| Directions |
The lines needed are those from the start of the records through the line holding "-- and whether it ends the attempt.", each copied exactly.

| Stored data |
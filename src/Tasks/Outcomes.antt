-- ===== src/Tasks/Outcomes.antt =====
-- The outcomes of tasks: `Renew`, `Complete`, `Fail` and `Cancel` (internal/store/tasks.go). Each
-- runs in one transaction: an error hands back no database, so a caller keeps the old one. `clock k`
-- is what the k-th statement that reads the clock reads.
use fornix.Base.{
  ℕ, ◌+◌, ◌*◌, ◌/◌, String, str_eq, trim, is_empty, Bool, true, false, not, ◌&&◌, ◌||◌, Option,
  none, some, ltb, ◌==◌, if◌then◌else◌, List, [], ℤ, Result, ok, ◌>>=◌, ◌>>◌, guard,
}
use fornix.Event.Types.{StateDelta, EventEnvelope}
use fornix.Event.Normalize.{Env}
use fornix.Lease.{Clock, lease_end}
use fornix.Tasks.Types.{
  TaskError, Task, TaskExecutionLease, Database, TaskOutcomeInput, TaskFailureInput,
  TaskCancelInput, TaskMutationResult, TaskRenewResult, terminal, invalid_status,
  unknown_failure_class, lease_fenced,
}
use fornix.Tasks.Rules.{
  normalize_workspace, bounded_task_lease_ttl, retry_delay, is_task_terminal, is_failure_class,
  validate_task_lease_identity,
}
use fornix.Tasks.Events.{
  TaskCalls, renewed_payload, failed_payload, cancelled_payload, marshal_raw, new_task_event,
  outcome_deltas, append_event,
}
use fornix.Tasks.Rows.{
  update_task, update_lease, read_task, read_task_lease, active_lease, authorize_task_lease,
  authorize_task_mutation, release_task_lease_and_session,
}
use fornix.Tasks.Idempotency.{
  resolve_existing_idempotency, existing_idempotency_event, latest_event_for,
}

-- What an outcome asks for, whichever it is: the row that it leaves, at the time of the statement,
-- and whether it ends the attempt.
pub record Outcome (Raw : Type 0) : Type 0 where
  pub workspace_id : String
  pub task : Task
  pub owner_id : String
  pub fence : ℕ
  pub idempotency_key : String
  pub is_final : Bool
  pub event : EventEnvelope Raw
  pub row : ℕ → Task → Task

abbrev pub completed_row : String → String → String → ℕ → Task → Task
completed_row status result assigned now t = record t {
  status = status;
  result = some result;
  completed_at = (if str_eq status "done" then some now else none);
  assigned_session = (if str_eq status "done" then none else some assigned);
  next_attempt_at = now;
  last_error = "";
  failure_class = "";
  retryable = none;
}

abbrev pub failed_row : String → String → String → Bool → ℕ → ℕ → Task → Task
failed_row status error class retryable delay now t = record t {
  status = status;
  result = some error;
  assigned_session = none;
  completed_at = (if str_eq status "failed" || str_eq status "deadletter" then some now else none);
  next_attempt_at = (if str_eq status "pending" then now + delay / 1_000_000 * 1000 else now);
  last_error = error;
  failure_class = class;
  retryable = some retryable;
}

abbrev pub cancelled_row : String → ℕ → Task → Task
cancelled_row reason now t = record t {
  status = "cancelled";
  result = some reason;
  assigned_session = none;
  completed_at = some now;
  cancelled_at = some now;
  next_attempt_at = now;
}

-- The type of a failure's event, and the status that the event's type stands for.
abbrev pub failure_event_type : Bool → Bool → String
failure_event_type will_retry retryable =
    if will_retry
    then "task.retry_scheduled"
    else if retryable
    then "task.deadlettered"
    else "task.failed"

abbrev pub failure_event_status : String → String
failure_event_status event_type =
    if str_eq event_type "task.retry_scheduled"
    then "pending"
    else if str_eq event_type "task.deadlettered"
    then "deadletter"
    else "failed"

abbrev pub failure_status : Bool → Bool → String
failure_status will_retry retryable =
    if will_retry then "pending" else if retryable then "deadletter" else "failed"

abbrev pub failure_class_of : String → String
failure_class_of class = if is_empty (trim class) then "unknown" else trim class

abbrev pub is_retryable : Option Bool → String → Bool
is_retryable (some b) class = b
is_retryable none class =
    str_eq class "transient" || str_eq class "timeout" || str_eq class "rate_limited"

module _ {Raw Evidence : Type 0} (calls : TaskCalls Raw Evidence) (env : Env) (clock : Clock) where
  -- The end of an outcome that is not a duplicate: the event is appended, the row is written, and
  -- the lease and the session are released where the attempt ends.
  unfoldable pub settle :
      Database Raw Evidence
      → Outcome Raw
      → Result TaskError (TaskMutationResult Raw × Database Raw Evidence)
  settle db o = do
    guard (not (o.is_final && is_task_terminal o.task.status)) terminal
    authorize_task_mutation db (clock 0) o.task o.owner_id o.fence o.is_final
    (appended, db1) ← append_event calls env db o.event
    let db2 : Database Raw Evidence = record db1 {
      tasks = update_task db1.tasks o.workspace_id o.task.id (o.row (clock 1));
    }
    let released : Database Raw Evidence =
        release_task_lease_and_session db2 (clock 2) (clock 3) o.task o.owner_id
    let db3 : Database Raw Evidence = if o.is_final then released else db2
    stored ← latest_event_for db3.events o.workspace_id o.idempotency_key appended
    updated ← read_task db3 o.workspace_id o.task.id
    ok (record { task = updated; event = stored; deduped = false; retry_scheduled = false }, db3)

  -- The part behind the event: a request that was seen gets its event again.
  unfoldable pub resolve_or_settle :
      Database Raw Evidence
      → Outcome Raw
      → Result TaskError (TaskMutationResult Raw × Database Raw Evidence)
  resolve_or_settle db o = do
    duplicate ←
        resolve_existing_idempotency calls.events db.events o.workspace_id o.idempotency_key o.event
    elim duplicate [
      | none ↦ settle db o
      | some e ↦
          ok (record { task = o.task; event = e; deduped = true; retry_scheduled = false }, db)
    ]

  abbrev pub payload_or : Raw → Option Raw → Raw
  payload_or default none = default
  payload_or default (some raw) = if calls.events.json.raw_length raw == 0 then default else raw

  -- `outcomeEvent`, of an encoded payload, with the key that the callers set.
  unfoldable pub outcome_event :
      String
      → Option Raw
      → String
      → ℕ
      → String
      → String
      → List (StateDelta Raw)
      → String
      → Result TaskError (EventEnvelope Raw)
  outcome_event event_type payload workspace_id task_id owner_id actor_id deltas key = do
    raw ← marshal_raw calls payload
    event ← new_task_event calls env event_type raw workspace_id task_id owner_id actor_id deltas
    ok (record event { idempotency_key = trim key })

  unfoldable pub complete_or_progress :
      Database Raw Evidence
      → TaskOutcomeInput Raw
      → String
      → Result TaskError (TaskMutationResult Raw × Database Raw Evidence)
  complete_or_progress db input status = do
    let w = normalize_workspace input.workspace_id
    task ← read_task db w input.task_id
    let assigned = if str_eq status "in_progress" then trim input.owner_id else ""
    let event_type = if str_eq status "done" then "task.completed" else "task.progressed"
    event ←
        outcome_event event_type input.payload w task.id input.owner_id input.actor_id
          (outcome_deltas calls task.id status input.result assigned) input.idempotency_key
    resolve_or_settle db (record {
      workspace_id = w;
      task = task;
      owner_id = input.owner_id;
      fence = input.fence;
      idempotency_key = input.idempotency_key;
      is_final = str_eq status "done";
      event = event;
      row = completed_row status input.result assigned;
    })

  unfoldable pub complete :
      Database Raw Evidence
      → TaskOutcomeInput Raw
      → Result TaskError (TaskMutationResult Raw × Database Raw Evidence)
  complete db input = do
    let status = if is_empty (trim input.status) then "done" else trim input.status
    guard (str_eq status "done" || str_eq status "in_progress") invalid_status
    complete_or_progress db input status

  -- The lifecycle type of an event that the key has already, or the given one.
  abbrev pub original_type : Option (EventEnvelope Raw) → String → String
  original_type none event_type = event_type
  original_type (some e) event_type = e.event_type

  -- `RetryScheduled` of a result: by the event of a duplicate, and else as decided.
  abbrev pub with_retry : Bool → TaskMutationResult Raw → TaskMutationResult Raw
  with_retry will_retry r = record r {
    retry_scheduled =
        (if r.deduped then str_eq r.event.event_type "task.retry_scheduled" else will_retry);
  }

  unfoldable pub fail :
      Database Raw Evidence
      → TaskFailureInput Raw
      → Result TaskError (TaskMutationResult Raw × Database Raw Evidence)
  fail db input = do
    let w = normalize_workspace input.workspace_id
    let class = failure_class_of input.failure_class
    guard (is_failure_class class) unknown_failure_class
    let retryable = is_retryable input.retryable class
    task ← read_task db w input.task_id
    let will_retry = retryable && ltb task.attempts task.max_attempts
    existing ← existing_idempotency_event db.events w input.idempotency_key
    let event_type = original_type existing (failure_event_type will_retry retryable)
    let payload =
        payload_or (calls.encode_payload (failed_payload input.task_id input.error class retryable))
          input.payload
    event ←
        outcome_event event_type (some payload) w input.task_id input.owner_id input.actor_id
          (outcome_deltas calls input.task_id (failure_event_status event_type) input.error "")
          input.idempotency_key
    (r, db') ← resolve_or_settle db (record {
      workspace_id = w;
      task = task;
      owner_id = input.owner_id;
      fence = input.fence;
      idempotency_key = input.idempotency_key;
      is_final = true;
      event = event;
      row =
          failed_row (failure_status will_retry retryable) input.error class retryable
            (retry_delay task.attempts input.retry_after);
    })
    ok (with_retry will_retry r, db')

  unfoldable pub cancel :
      Database Raw Evidence
      → TaskCancelInput Raw
      → Result TaskError (TaskMutationResult Raw × Database Raw Evidence)
  cancel db input = do
    let w = normalize_workspace input.workspace_id
    task ← read_task db w input.task_id
    let payload =
        payload_or (calls.encode_payload (cancelled_payload input.task_id input.reason))
          input.payload
    event ←
        outcome_event "task.cancelled" (some payload) w input.task_id input.owner_id input.actor_id
          (outcome_deltas calls input.task_id "cancelled" input.reason "") input.idempotency_key
    resolve_or_settle db (record {
      workspace_id = w;
      task = task;
      owner_id = input.owner_id;
      fence = input.fence;
      idempotency_key = input.idempotency_key;
      is_final = true;
      event = event;
      row = cancelled_row input.reason;
    })

  -- The rows that a renewal touches: the owner is compared with the text as it is given.
  abbrev pub is_renewed_by : String → ℕ → TaskExecutionLease → Bool
  is_renewed_by owner_id fence lease = str_eq lease.owner_id owner_id && lease.fence == fence

  unfoldable pub renew :
      Database Raw Evidence
      → String
      → ℕ
      → String
      → ℕ
      → ℤ
      → String
      → Result TaskError (TaskRenewResult Raw × Database Raw Evidence)
  renew db workspace_id task_id owner_id fence ttl actor_id = do
    let w = normalize_workspace workspace_id
    validate_task_lease_identity w owner_id task_id
    guard (not (fence == 0)) lease_fenced
    task ← read_task db w task_id
    _ ← authorize_task_lease db (clock 0) task owner_id fence
    let until = lease_end (clock 1) (bounded_task_lease_ttl ttl)
    let extended : TaskExecutionLease → TaskExecutionLease =
        λ l. record l { lease_until = until; renewed_at = clock 1 }
    let db1 : Database Raw Evidence = record db {
      leases = update_lease db.leases w task_id (is_renewed_by owner_id fence) extended;
    }
    found ← read_task_lease db1 (clock 2) w task_id
    lease ← active_lease found
    let actor = if is_empty (trim actor_id) then owner_id else actor_id
    event ←
        new_task_event calls env "task.lease_renewed"
          (calls.encode_payload (renewed_payload task_id owner_id fence lease.lease_until)) w
          task_id owner_id actor []
    (appended, db2) ← append_event calls env db1 event
    ok (record { lease = lease; event = appended }, db2)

| Reply |
filename src/Tasks/Outcomes.antt
-- ===== src/Tasks/Outcomes.antt =====
-- The outcomes of tasks: `Renew`, `Complete`, `Fail` and `Cancel` (internal/store/tasks.go). Each
-- runs in one transaction: an error hands back no database, so a caller keeps the old one. `clock k`
-- is what the k-th statement that reads the clock reads.
use fornix.Base.{
  ℕ, ◌+◌, ◌*◌, ◌/◌, String, str_eq, trim, is_empty, Bool, true, false, not, ◌&&◌, ◌||◌, Option,
  none, some, ltb, ◌==◌, if◌then◌else◌, List, [], ℤ, Result, ok, ◌>>=◌, ◌>>◌, guard,
}
use fornix.Event.Types.{StateDelta, EventEnvelope}
use fornix.Event.Normalize.{Env}
use fornix.Lease.{Clock, lease_end}
use fornix.Tasks.Types.{
  TaskError, Task, TaskExecutionLease, Database, TaskOutcomeInput, TaskFailureInput,
  TaskCancelInput, TaskMutationResult, TaskRenewResult, terminal, invalid_status,
  unknown_failure_class, lease_fenced,
}
use fornix.Tasks.Rules.{
  normalize_workspace, bounded_task_lease_ttl, retry_delay, is_task_terminal, is_failure_class,
  validate_task_lease_identity,
}
use fornix.Tasks.Events.{
  TaskCalls, renewed_payload, failed_payload, cancelled_payload, marshal_raw, new_task_event,
  outcome_deltas, append_event,
}
use fornix.Tasks.Rows.{
  update_task, update_lease, read_task, read_task_lease, active_lease, authorize_task_lease,
  authorize_task_mutation, release_task_lease_and_session,
}
use fornix.Tasks.Idempotency.{
  resolve_existing_idempotency, existing_idempotency_event, latest_event_for,
}

-- What an outcome asks for, whichever it is: the row that it leaves, at the time of the statement,
-- and whether it ends the attempt.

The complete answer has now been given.